• _SOURCE INFORMATION_:
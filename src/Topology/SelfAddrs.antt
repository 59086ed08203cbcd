-- ===== src/Topology/SelfAddrs.antt =====
-- internal/topology/identity.go: the addresses under which peers may list this node.
pub mod Distinct
use Prim.Native.String.{◌++◌}
use omm.Prelude.{String, Bool, false, Option, none, some, List, [], ◌∷◌, ◌==◌, ◌||◌, if◌then◌else◌}
use omm.Prelude as Prelude
use omm.Strings.{Strings}
use omm.Store.Removal.{contains}
use omm.Topology.Batctl.{Runner}

-- `add`: the list also is the set of what was seen.
unfoldable pub add_addr : String → List String → List String
unfolding contains
add_addr mac addrs =
    if (mac == "") || contains mac addrs then addrs else Prelude.◌++◌ addrs (mac ∷ [])

module _ (strings : Strings) where
  abbrev device_of : String → Option String
  device_of line = elim (strings.before_colon line) [
    | none ↦ none
    | some dev ↦ if strings.trim_space dev == "" then none else some (strings.trim_space dev)
  ]

  abbrev device_in : String → Option String
  device_in line =
      if strings.trim_space line == "" then none else device_of (strings.trim_space line)

  unfoldable pub devices_of : List String → List String
  devices_of [] = []
  devices_of (line ∷ rest) =
      let later = devices_of rest in elim (device_in line) [ none ↦ later | some dev ↦ dev ∷ later ]

  unfoldable pub parse_hardifs : String → List String
  unfolding devices_of
  parse_hardifs out = devices_of (strings.lines out)

  unfoldable pub read_mac : (String → Option String) → String → String
  read_mac read dev = elim (read ("/sys/class/net/" ++ dev ++ "/address")) [
    | none ↦ ""
    | some text ↦ strings.to_lower (strings.trim_space text)
  ]

  unfoldable pub add_macs : (String → Option String) → List String → List String → List String
  unfolding add_addr read_mac
  add_macs read [] addrs = addrs
  add_macs read (dev ∷ devs) addrs = add_macs read devs (add_addr (read_mac read dev) addrs)

  unfoldable pub self_addrs : String → Runner → (String → Option String) → List String
  unfolding add_macs parse_hardifs
  self_addrs iface run read =
      let own = add_addr (read_mac read iface) [] in
      if iface == "" then [] else elim (run ("batctl" ∷ "-m" ∷ iface ∷ "if" ∷ [])) [
        | none ↦ own
        | some out ↦ add_macs read (parse_hardifs out) own
      ]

• _EXERCISE BRIEF_: Write the material out exactly, with nothing left out.

• _EXERCISE ANSWER_:
filename src/Topology/SelfAddrs.antt
repository 59086ed08203cbcd
-- ===== src/Topology/SelfAddrs.antt =====
-- internal/topology/identity.go: the addresses under which peers may list this node.
pub mod Distinct
use Prim.Native.String.{◌++◌}
use omm.Prelude.{String, Bool, false, Option, none, some, List, [], ◌∷◌, ◌==◌, ◌||◌, if◌then◌else◌}
use omm.Prelude as Prelude
use omm.Strings.{Strings}
use omm.Store.Removal.{contains}
use omm.Topology.Batctl.{Runner}

-- `add`: the list also is the set of what was seen.
unfoldable pub add_addr : String → List String → List String
unfolding contains
add_addr mac addrs =
    if (mac == "") || contains mac addrs then addrs else Prelude.◌++◌ addrs (mac ∷ [])

module _ (strings : Strings) where
  abbrev device_of : String → Option String
  device_of line = elim (strings.before_colon line) [
    | none ↦ none
    | some dev ↦ if strings.trim_space dev == "" then none else some (strings.trim_space dev)
  ]

  abbrev device_in : String → Option String
  device_in line =
      if strings.trim_space line == "" then none else device_of (strings.trim_space line)

  unfoldable pub devices_of : List String → List String
  devices_of [] = []
  devices_of (line ∷ rest) =
      let later = devices_of rest in elim (device_in line) [ none ↦ later | some dev ↦ dev ∷ later ]

  unfoldable pub parse_hardifs : String → List String
  unfolding devices_of
  parse_hardifs out = devices_of (strings.lines out)

  unfoldable pub read_mac : (String → Option String) → String → String
  read_mac read dev = elim (read ("/sys/class/net/" ++ dev ++ "/address")) [
    | none ↦ ""
    | some text ↦ strings.to_lower (strings.trim_space text)
  ]

  unfoldable pub add_macs : (String → Option String) → List String → List String → List String
  unfolding add_addr read_mac
  add_macs read [] addrs = addrs
  add_macs read (dev ∷ devs) addrs = add_macs read devs (add_addr (read_mac read dev) addrs)

  unfoldable pub self_addrs : String → Runner → (String → Option String) → List String
  unfolding add_macs parse_hardifs
  self_addrs iface run read =
      let own = add_addr (read_mac read iface) [] in
      if iface == "" then [] else elim (run ("batctl" ∷ "-m" ∷ iface ∷ "if" ∷ [])) [
        | none ↦ own
        | some out ↦ add_macs read (parse_hardifs out) own
      ]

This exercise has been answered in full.